• _Data for this exercise_:
-- ===== src/Detector/Apart/Frame.antt =====
-- burst_detect.c: the bursts before and after a whole frame.
use iridium_sniffer.Base.{
  ℕ, ◌≤◌, ◌<◌, List, [], true, false, Bool-cases, inl, inr, length, ltb, ◌&&◌, ◌≡◌, refl, ap, ◌∙◌,
  arith,
}
use iridium_sniffer.Base.Int.{pos}
use iridium_sniffer.Base.Doubles.{Doubles}
use iridium_sniffer.Detector.{Settings, Detector, Active, Peak}
use iridium_sniffer.Detector.Gone.{update_filters_post-bursts, delete_gone_bursts-swept}
use iridium_sniffer.Detector.Noise.{update_filters_pre}
use iridium_sniffer.Detector.Track.{
  update_bursts, remove_peaks_around_bursts, extract_peaks, delete_gone_bursts, update_burst_mask,
  gone_rule, create_new_bursts, create_from_peaks,
}
use iridium_sniffer.Detector.Feed.{detect, process_magnitude_frame}
use iridium_sniffer.Detector.Apart.{AreApart, centers}
use iridium_sniffer.Detector.Apart.Mask.{half, update_burst_mask-IsMask}
use iridium_sniffer.Detector.Apart.Create.{
  update_bursts-centers, kept-AreApart, create_new_bursts-AreApart, squelch-none,
}

module _ (F : Doubles) (c : Settings F) (qsort : List (Peak F) → List (Peak F)) where
  open F use {Double, of_int, eq}

  abbrev with_peaks : Detector F → Detector F
  with_peaks d = extract_peaks F qsort c (remove_peaks_around_bursts F (update_bursts F c d))

  with_peaks-bursts : (d : Detector F) → (with_peaks d).bursts ≡ (update_bursts F c d).bursts
  unfolding extract_peaks remove_peaks_around_bursts
  with_peaks-bursts d = refl

  update_burst_mask-bursts : (d : Detector F) → (update_burst_mask F c d).bursts ≡ d.bursts
  unfolding update_burst_mask
  update_burst_mask-bursts d = refl

  -- A frame is its detection, if the history is primed, and nothing else touches the bursts.
  frame-bursts :
      (P : List (Active F) → Type 0) (d : Detector F) (magnitude : List Double)
      → P d.bursts
      → ((d' : Detector F) → d'.bursts ≡ d.bursts → P (detect F qsort c d').bursts)
      → P (process_magnitude_frame F qsort c d magnitude).bursts
  unfolding process_magnitude_frame update_filters_pre
  frame-bursts P d magnitude h step = elim (Bool-cases d.history_primed) [
    | inl e ↦ rw (e, (update_filters_post-bursts F c _ false).0) (step _ refl)
    | inr e ↦ rw (e, (update_filters_post-bursts F c _ false).0) h
  ]

  module _ (zero_eq : eq (of_int (pos 0)) (of_int (pos 0)) ≡ true) where
    detect-AreApart :
        (d : Detector F)
        → AreApart (half F c) (centers F d.bursts)
        → AreApart (half F c) (centers F (detect F qsort c d).bursts)
    unfolding detect
    detect-AreApart d a =
        let gone = delete_gone_bursts F c (with_peaks d) in
        let same : centers F (with_peaks d).bursts ≡ centers F d.bursts =
          ap (centers F) (with_peaks-bursts d) ∙ update_bursts-centers F c d in
        let apart : AreApart (half F c) (centers F gone.bursts) =
          rw ((delete_gone_bursts-swept F c (with_peaks d)).0) (
            kept-AreApart F c (gone_rule F c (with_peaks d).index) (half F c) (with_peaks d).bursts
              (rw (same) a)) in
        create_new_bursts-AreApart F c zero_eq (update_burst_mask F c gone) (record {
          apart = rw (update_burst_mask-bursts gone) apart;
          mask = rw (update_burst_mask-bursts gone) (update_burst_mask-IsMask F c gone);
        })

    -- A frame keeps the center bins of the bursts on the air more than half a burst width apart, any
    -- two of them, however `qsort` orders the peaks, if 0 equals 0 in floating point.
    pub process_magnitude_frame-AreApart :
        (d : Detector F) (magnitude : List Double)
        → AreApart (half F c) (centers F d.bursts)
        → AreApart (half F c) (centers F (process_magnitude_frame F qsort c d magnitude).bursts)
    process_magnitude_frame-AreApart d magnitude a =
        frame-bursts (λ l. AreApart (half F c) (centers F l)) d magnitude a
          (λ d' e. detect-AreApart d' (rw (e) a))

  create_new_bursts-few :
      (d : Detector F) → 0 < c.max_bursts → length (create_new_bursts F c d).bursts ≤ c.max_bursts
  unfolding create_new_bursts
  create_new_bursts-few d h =
      let d' = create_from_peaks F c (record d { new_bursts = [] }) d.peaks in
      elim (Bool-cases (ltb 0 c.max_bursts && ltb c.max_bursts (length d'.bursts))) [
        | inl e ↦ rw (e, squelch-none F c d') (omega arith)
        | inr e ↦ rw (e) (few c.max_bursts (length d'.bursts) h e)
      ]
    where
      few : (max n : ℕ) → 0 < max → (ltb 0 max && ltb max n) ≡ false → n ≤ max
      few max n h e = ground arith

  -- After a frame there are at most `max_bursts` bursts on the air, if there were before and
  -- `max_bursts` is positive.
  process_magnitude_frame-max_bursts :
      (d : Detector F) (magnitude : List Double)
      → 0 < c.max_bursts
      → length d.bursts ≤ c.max_bursts
      → length (process_magnitude_frame F qsort c d magnitude).bursts ≤ c.max_bursts
  process_magnitude_frame-max_bursts d magnitude h l =
      frame-bursts (λ b. length b ≤ c.max_bursts) d magnitude l
        (λ d' e. unfold detect in create_new_bursts-few _ h)
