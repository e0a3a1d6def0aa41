-- ===== src/Detector/Create.antt =====
-- burst_detect.c, `burst_detector_create`: the settings with their defaults and the first state; and
-- window_func.c, `blackman_window`.
use iridium_sniffer.Base.{
  ℕ, zero, suc, ◌+◌, ◌-◌, ◌*◌, ◌/◌, ◌^◌, List, [], ◌∷◌, map, false, replicate, ltb, if◌then◌else◌,
}
use iridium_sniffer.Base.Int.{pos, pos_part}
use iridium_sniffer.Base.Doubles.{Doubles}
use iridium_sniffer.Detector.{Settings, Detector}

module _ (F : Doubles) where
  open F use {Double, of_int, to_int, add, sub, mul, div, lt, pi, cos, round, log2, pow, decimal}

  -- `burst_config_t`; an `int` that is not positive is 0 here.
  pub record Config : Type 0 where
    pub center_frequency : Double
    pub sample_rate : ℕ
    pub fft_size : ℕ
    pub burst_pre_len : ℕ
    pub burst_post_len : ℕ
    pub burst_width : ℕ
    pub max_bursts : ℕ
    pub max_burst_len : ℕ
    pub threshold : Double
    pub history_size : ℕ

  abbrev int : ℕ → Double
  int n = of_int (pos n)

  -- `(int)x` of a number that is not negative.
  abbrev truncate : Double → ℕ
  truncate x = pos_part (to_int x)

  -- The entries from `i` on, `k` of them.
  unfoldable pub blackman_from : ℕ → ℕ → ℕ → List Double
  blackman_from n zero i = []
  blackman_from n (suc k) i =
      let angle : ℕ → Double = λ m. div (mul (mul (int m) pi) (int i)) (int (n - 1)) in
      add (sub (decimal 42 2) (mul (decimal 5 1) (cos (angle 2))))
        (mul (decimal 8 2) (cos (angle 4)))
      ∷ blackman_from n k (i + 1)

  unfoldable pub blackman_window : ℕ → List Double
  blackman_window n = blackman_from n n 0

  abbrev or_default : ℕ → ℕ → ℕ
  or_default n d = if ltb 0 n then n else d

  unfoldable pub settings_of : Config → Settings F
  settings_of config =
      let rate = int config.sample_rate in
      let fft_size =
        or_default config.fft_size (2 ^ truncate (round (log2 (div rate (int 1000))))) in
      let pre = or_default config.burst_pre_len (2 * fft_size) in
      let post = or_default config.burst_post_len (truncate (mul rate (decimal 16 3))) in
      let width_hz = or_default config.burst_width 40_000 in
      let max_len = or_default config.max_burst_len (truncate (mul rate (decimal 9 2))) in
      let history = or_default config.history_size 512 in
      let threshold_db = if lt (int 0) config.threshold then config.threshold else int 16 in
      let minimum = max_len + post + pre in
      record {
        center_frequency = config.center_frequency;
        sample_rate = config.sample_rate;
        fft_size = fft_size;
        burst_pre_len = pre;
        burst_post_len = post;
        burst_width = width_hz / (config.sample_rate / fft_size);
        max_bursts =
            or_default config.max_bursts (truncate (mul (div rate (int width_hz)) (decimal 8 1)));
        max_burst_len = max_len;
        threshold =
            div (div (pow (int 10) (div threshold_db (int 10))) (int history)) (decimal 172 2);
        history_size = history;
        ringbuf_size = minimum + minimum / 4;
        window = map (λ w. div w (decimal 42 2)) (blackman_window fft_size);
      }

  -- The ring buffer is not cleared in the source; its cells are not read before they are written.
  unfoldable pub burst_detector_create : Config → Settings F × Detector F
  burst_detector_create config =
      let c = settings_of config in
      let zeros = replicate c.fft_size (int 0) in
      (
        c,
        record {
          baseline_history = replicate c.history_size zeros;
          baseline_sum = zeros;
          history_index = 0;
          history_primed = false;
          magnitude_shifted = zeros;
          relative_magnitude = zeros;
          burst_mask = replicate c.fft_size (int 1);
          bursts = [];
          new_bursts = [];
          gone_bursts = [];
          peaks = [];
          burst_id = 0;
          n_tagged_bursts = 0;
          sample_count = 0;
          index = 0;
          squelch_count = 0;
          peak_signal_db = int 0;
          ringbuf = record {
            cells = replicate c.ringbuf_size (record { re = int 0; im = int 0 });
            write = 0;
            start = 0;
          };
          start_time_ns = 0;
          pending_hw_ts = 0;
        },
      )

• _Exercise instructions_: Take every line from the records that holds "angle" and copy it down.

• _Completed task_:
      let angle : ℕ → Double = λ m. div (mul (mul (int m) pi) (int i)) (int (n - 1)) in
      add (sub (decimal 42 2) (mul (decimal 5 1) (cos (angle 2))))
        (mul (decimal 8 2) (cos (angle 4)))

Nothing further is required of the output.